Effects on the tumour process

The most remarkable properties of mistletoe extracts on the tumour process are their cytotoxic and growth-inhibiting effects, which they have on a large number of tumour cell lines, lymphocytes and fibroblasts in vitro.

The cytotoxic effects of mistletoe are mainly caused by the apoptosis-inducing mistletoe lectins, while the viscotoxins cause necrotic cell death [175].

In addition, mistletoe extracts lead to the increased formation or release of a number of cytokines such as interferon-gamma (IFN-γ), which plays an important role in mediating the protective immune response to cancer cells [234] and exhibits antiproliferative effects [238].

 

Last update: August 10th, 2020/AT

Apoptosis

Mistletoe extracts and ML I induce apoptosis in tumour cells, leukaemia cells, lymphocytes, monocytes and granulocytes. Both the total extracts and ML I suppress cell proliferation significantly and dose-dependently [175, 223, 238]. 

Apoptosis-inducing effects have also been demonstrated for oleanolic acid and other pentacyclic triterpenes isolated from mistletoe such as betulinic and ursolic acid [192, 197].

The cellular mechanisms of apoptosis induced by mistletoe constituents have been investigated intensively, but have not yet been finally clarified. It is known that mistletoe lectins play a significant role in the induction of apoptosis, which they can trigger even at low doses [175, 202, 239].

Investigations show that apoptosis can also be induced by mitochondrial, receptor-independent signalling pathways (cytochrome c/Apaf 1) by activating the caspase cascade as an essential component of the signal path.

The interaction of mistletoe lectins with DNA is also discussed as a cause of apoptosis induction [223, 238]. In addition, mistletoe lectins can also indirectly induce apoptosis by increasing the expression of Fas ligands in lymphocytes, enabling them to induce programmed cell death in Fas+ target cells [239].
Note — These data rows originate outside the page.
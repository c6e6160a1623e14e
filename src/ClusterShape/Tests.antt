-- ===== src/ClusterShape/Tests.antt =====
-- A k3d cluster whose declaration grew, and the theorems about the drift reported for it.
use catallaxy.Prelude.{
  ◌+◌, ◌<◌, ◌≡◌, ◌↔◌, refl, true, false, not, ◌&&◌, some, none, [], ◌∷◌, is_nil, sort, join,
}
use catallaxy.ClusterShape.{ClusterShape, ClusterSpec, K3dConfig, talos, shape_of}
use catallaxy.ClusterShape.Report.{
  is_clean, fixes, workers_to_add, is_convergeable_in_place, needing_recreate, collect_fixes,
  add_workers, replace_load_balancer, new_cluster,
}
use catallaxy.ClusterShape.Compare.{compare_shapes, common_fields, k3d_fields, show_list}
use catallaxy.ClusterShape.Fixes.{Answers, fixes-Answers, is_convergeable_in_place-eq}
use catallaxy.ClusterShape.Clean.{
  SameCommon, SameK3d, compare_shapes-is_clean, shape_of-is_clean, compare_shapes-joined,
}
use catallaxy.ClusterShape.Workers.{grown, workers_to_add-Converges}

abbrev built : ClusterShape
built = record {
  schema_version = 2;
  provisioner = "k3d";
  control_planes = 1;
  workers = 2;
  distribution = "k3s";
  version = "v1.31.0";
  pod_subnet = "10.42.0.0/16";
  service_subnet = "10.43.0.0/16";
  image = some "rancher/k3s:v1.31.0-k3s1";
  network = some "platform";
  no_traefik = true;
  no_service_lb = false;
  no_flannel = false;
  no_local_storage = false;
  ports = "8080:80@loadbalancer" ∷ [];
  extra_api_server_args = "--oidc-issuer-url=https://id.test" ∷ [];
  extra_volumes = "/host:/container" ∷ [];
  auto_deploy_manifests = "coredns-lab-dns" ∷ [];
}

abbrev larger : ClusterShape
larger = record built { workers = 5 }

abbrev moved : ClusterShape
moved = record built { workers = 5; ports = []; pod_subnet = "10.44.0.0/16" }

larger-fixes : fixes (compare_shapes larger built) ≡ add_workers 3 ∷ []
unfolding fixes collect_fixes sort compare_shapes common_fields k3d_fields show_list join
larger-fixes = refl

moved-fixes :
    fixes (compare_shapes moved built) ≡ add_workers 3 ∷ replace_load_balancer ∷ new_cluster ∷ []
unfolding fixes collect_fixes sort compare_shapes common_fields k3d_fields show_list join
moved-fixes = refl

fixes-Answers_example : Answers (compare_shapes moved built) (fixes (compare_shapes moved built))
fixes-Answers_example = fixes-Answers (compare_shapes moved built)

in_place_agrees : is_convergeable_in_place (compare_shapes moved built) ≡ (
    not (is_clean (compare_shapes moved built))
    && is_nil (needing_recreate (compare_shapes moved built)))
in_place_agrees = is_convergeable_in_place-eq (compare_shapes moved built)

compare_shapes-is_clean_example :
    (is_clean (compare_shapes larger built) ≡ true)
    ↔ (SameCommon larger built × (larger.provisioner ≡ "k3d" → SameK3d larger built))
compare_shapes-is_clean_example = compare_shapes-is_clean larger built

workers_to_add-Converges_example :
    (0 < 3) × (5 ≡ 2 + 3) × (is_clean (compare_shapes larger (grown larger built 3)) ≡ true)
unfolding workers_to_add fixes collect_fixes sort compare_shapes common_fields k3d_fields show_list
    join
workers_to_add-Converges_example = workers_to_add-Converges larger built 3 refl

abbrev no_block : K3dConfig
no_block = record {
  cluster_name = "lab-core";
  image = none;
  network = none;
  no_traefik = false;
  no_service_lb = false;
  no_flannel = false;
  no_local_storage = false;
  ports = [];
  extra_api_server_args = [];
  extra_volumes = [];
  auto_deploy_manifests = [];
}

abbrev talos_spec : ClusterSpec
talos_spec = record {
  provisioner = talos;
  kubernetes = record {
    distribution = "talos";
    version = "v1.31.0";
    control_planes = 1;
    workers = 2;
  };
  network = record { pod_subnet = "10.42.0.0/16"; service_subnet = "10.43.0.0/16" };
  k3d = no_block;
}

abbrev other_block : K3dConfig
other_block = record no_block { no_traefik = true; ports = "80:80" ∷ [] }

other_block_clean :
    is_clean
      (compare_shapes (shape_of (record talos_spec { k3d = other_block })) (shape_of talos_spec))
    ≡ true
other_block_clean = shape_of-is_clean talos_spec other_block (cc)

compare_shapes-joined_example :
    is_clean (
      compare_shapes
        (record built { extra_api_server_args = "--v=2" ∷ "--audit" ∷ [] })
        (record built { extra_api_server_args = "--v=2, --audit" ∷ [] }))
    ≡ true
compare_shapes-joined_example = compare_shapes-joined built "--v=2" "--audit"
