-- ===== src/StepKind.antt =====
-- cli/src/domain/step_kind.rs: the kinds of plan step, and the tables of their properties.
-- `Direction` and `Idempotency` stand in cli/src/domain/plan.rs.
pub mod Tags
pub mod Policy
mod Tests
use catallaxy.Prelude.{Bool, true, false, List, [], ◌∷◌, Option, String, ◌==◌, find}

pub data Direction : Type 0 where
  deploy teardown : Direction

pub data Idempotency : Type 0 where
  idempotent one_shot destructive : Idempotency

pub data StepKind : Type 0 where
  setup_services : StepKind
  docker_network_create : StepKind
  cert_generate : StepKind
  trust_bundle : StepKind
  host_trust_install : StepKind
  dns_setup : StepKind
  dns_teardown : StepKind
  colima_network_route : StepKind
  registry_setup : StepKind
  warm_cache : StepKind
  create_cluster : StepKind
  ensure_secrets : StepKind
  deploy_manifests : StepKind
  wait_for_resources : StepKind
  sync_kubeconfig : StepKind
  pivot : StepKind
  publish_images : StepKind
  publish_manifests : StepKind
  apply_root_application : StepKind
  bootstrap_forgejo_repos : StepKind
  bootstrap_argocd_kubectl_ssa : StepKind
  bootstrap_argocd_helm : StepKind
  verify_argocd_reachable : StepKind
  run_script : StepKind
  infra_plan : StepKind
  infra_apply : StepKind
  infra_destroy : StepKind
  destroy_cluster : StepKind
  reconcile_managed_resource : StepKind
  delete_managed_resource : StepKind
  wait_for_cluster_gone : StepKind
  release_cluster_cloud_resources : StepKind
  remove_network : StepKind
  remove_services : StepKind

-- `StepKind::ALL`, in the order of declaration.
abbrev pub all_kinds : List StepKind
all_kinds =
    setup_services ∷ docker_network_create ∷ cert_generate ∷ trust_bundle ∷ host_trust_install
    ∷ dns_setup ∷ dns_teardown ∷ colima_network_route ∷ registry_setup ∷ warm_cache ∷ create_cluster
    ∷ ensure_secrets ∷ deploy_manifests ∷ wait_for_resources ∷ sync_kubeconfig ∷ pivot
    ∷ publish_images ∷ publish_manifests ∷ apply_root_application ∷ bootstrap_forgejo_repos
    ∷ bootstrap_argocd_kubectl_ssa ∷ bootstrap_argocd_helm ∷ verify_argocd_reachable ∷ run_script
    ∷ infra_plan ∷ infra_apply ∷ infra_destroy ∷ destroy_cluster ∷ reconcile_managed_resource
    ∷ delete_managed_resource ∷ wait_for_cluster_gone ∷ release_cluster_cloud_resources
    ∷ remove_network ∷ remove_services ∷ []

unfoldable pub tag : StepKind → String
tag setup_services = "setup-services"
tag docker_network_create = "docker-network-create"
tag cert_generate = "cert-generate"
tag trust_bundle = "trust-bundle"
tag host_trust_install = "host-trust-install"
tag dns_setup = "dns-setup"
tag dns_teardown = "dns-teardown"
tag colima_network_route = "colima-network-route"
tag registry_setup = "registry-setup"
tag warm_cache = "warm-cache"
tag create_cluster = "create-cluster"
tag ensure_secrets = "ensure-secrets"
tag deploy_manifests = "deploy-manifests"
tag wait_for_resources = "wait-for-resources"
tag sync_kubeconfig = "sync-kubeconfig"
tag pivot = "pivot"
tag publish_images = "publish-images"
tag publish_manifests = "publish-manifests"
tag apply_root_application = "apply-root-application"
tag bootstrap_forgejo_repos = "bootstrap-forgejo-repos"
tag bootstrap_argocd_kubectl_ssa = "bootstrap-argocd-kubectl-ssa"
tag bootstrap_argocd_helm = "bootstrap-argocd-helm"
tag verify_argocd_reachable = "verify-argocd-reachable"
tag run_script = "run-script"
tag infra_plan = "infra-plan"
tag infra_apply = "infra-apply"
tag infra_destroy = "infra-destroy"
tag destroy_cluster = "destroy-cluster"
tag reconcile_managed_resource = "reconcile-managed-resource"
tag delete_managed_resource = "delete-managed-resource"
tag wait_for_cluster_gone = "wait-for-cluster-gone"
tag release_cluster_cloud_resources = "release-cluster-cloud-resources"
tag remove_network = "remove-network"
tag remove_services = "remove-services"

-- The first kind with the tag.
unfoldable pub from_tag : String → Option StepKind
unfolding tag
from_tag t = find (λ k. tag k == t) all_kinds

unfoldable pub retry : StepKind → Idempotency
retry setup_services = idempotent
retry docker_network_create = idempotent
retry cert_generate = idempotent
retry trust_bundle = idempotent
retry host_trust_install = idempotent
retry dns_setup = idempotent
retry dns_teardown = idempotent
retry colima_network_route = idempotent
retry registry_setup = idempotent
retry warm_cache = idempotent
retry create_cluster = one_shot
retry ensure_secrets = idempotent
retry deploy_manifests = idempotent
retry wait_for_resources = idempotent
retry sync_kubeconfig = idempotent
retry pivot = one_shot
retry publish_images = idempotent
retry publish_manifests = idempotent
retry apply_root_application = idempotent
retry bootstrap_forgejo_repos = idempotent
retry bootstrap_argocd_kubectl_ssa = idempotent
retry bootstrap_argocd_helm = idempotent
retry verify_argocd_reachable = idempotent
retry run_script = idempotent
retry infra_plan = idempotent
retry infra_apply = idempotent
retry infra_destroy = destructive
retry destroy_cluster = destructive
retry reconcile_managed_resource = idempotent
retry delete_managed_resource = destructive
retry wait_for_cluster_gone = idempotent
retry release_cluster_cloud_resources = idempotent
retry remove_network = destructive
retry remove_services = destructive

-- Whether the kind runs in a deployment, and whether in a teardown.
unfoldable pub directions : StepKind → Bool × Bool
directions setup_services = (true, false)
directions docker_network_create = (true, false)
directions cert_generate = (true, false)
directions trust_bundle = (true, false)
directions host_trust_install = (true, false)
directions dns_setup = (true, false)
directions dns_teardown = (false, true)
directions colima_network_route = (true, false)
directions registry_setup = (true, false)
directions warm_cache = (true, false)
directions create_cluster = (true, false)
directions ensure_secrets = (true, false)
directions deploy_manifests = (true, false)
directions wait_for_resources = (true, false)
directions sync_kubeconfig = (true, false)
directions pivot = (true, false)
directions publish_images = (true, false)
directions publish_manifests = (true, false)
directions apply_root_application = (true, false)
directions bootstrap_forgejo_repos = (true, false)
directions bootstrap_argocd_kubectl_ssa = (true, false)
directions bootstrap_argocd_helm = (true, false)
directions verify_argocd_reachable = (true, false)
directions run_script = (true, true)
directions infra_plan = (true, false)
directions infra_apply = (true, false)
directions infra_destroy = (false, true)
directions destroy_cluster = (true, true)
directions reconcile_managed_resource = (false, true)
directions delete_managed_resource = (false, true)
directions wait_for_cluster_gone = (false, true)
directions release_cluster_cloud_resources = (false, true)
directions remove_network = (false, true)
directions remove_services = (false, true)

unfoldable pub runs_in : StepKind → Direction → Bool
unfolding directions
runs_in k deploy = (directions k).0
runs_in k teardown = (directions k).1

unfoldable pub dry_run_safe : StepKind → Bool
dry_run_safe setup_services = false
dry_run_safe docker_network_create = false
dry_run_safe cert_generate = false
dry_run_safe trust_bundle = false
dry_run_safe host_trust_install = false
dry_run_safe dns_setup = false
dry_run_safe dns_teardown = false
dry_run_safe colima_network_route = false
dry_run_safe registry_setup = false
dry_run_safe warm_cache = false
dry_run_safe create_cluster = false
dry_run_safe ensure_secrets = false
dry_run_safe deploy_manifests = false
dry_run_safe wait_for_resources = true
dry_run_safe sync_kubeconfig = false
dry_run_safe pivot = false
dry_run_safe publish_images = false
dry_run_safe publish_manifests = false
dry_run_safe apply_root_application = false
dry_run_safe bootstrap_forgejo_repos = false
dry_run_safe bootstrap_argocd_kubectl_ssa = false
dry_run_safe bootstrap_argocd_helm = false
dry_run_safe verify_argocd_reachable = true
dry_run_safe run_script = false
dry_run_safe infra_plan = true
dry_run_safe infra_apply = false
dry_run_safe infra_destroy = false
dry_run_safe destroy_cluster = false
dry_run_safe reconcile_managed_resource = false
dry_run_safe delete_managed_resource = false
dry_run_safe wait_for_cluster_gone = true
dry_run_safe release_cluster_cloud_resources = false
dry_run_safe remove_network = false
dry_run_safe remove_services = false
Last update: August 10th, 2020/AT

Cytokine induction

Numerous investigations have been carried out on the induction of cytokines by single mistletoe lectins and also by isolated A and B chains. It has been shown that the incubation of mononuclear cells (PBMC) with ML I or isolated B chains leads to the release of TNF-α, IL-6, IL-1β but not of IL-1α. These results suggest a significant involvement of monocytes, since ML I binds preferentially to them [202, 240].

There are also numerous publications on cytokine induction by mistletoe extracts. For example, it has been shown that Iscador P in various concentrations triggers a partly strong release of IL-6 and TNF-α via the in vitro reactivity of mononuclear cells to mistletoe extracts. IL-2, IL-4, IL-5 and IFN-γ were induced significantly less frequently [241].

Another study showed that tumour inhibition caused by mistletoe extracts takes place via the release of IL-12, a mechanism which was influenced by the increase in T-cell and NK-cell activities  [243].

In contrast, a more recent study showed that IFN-γ, which plays an important role in mediating the protective immune response to cancer cells, is significantly increased in particular by oak mistletoe without altering the Treg subpopulations and the production of other T-cell cytokines such as IL-4, IL-13 and IL-17A. This selective increase in Th1 cytokines can be attributed to the immunomodulatory properties of mistletoe extracts [234].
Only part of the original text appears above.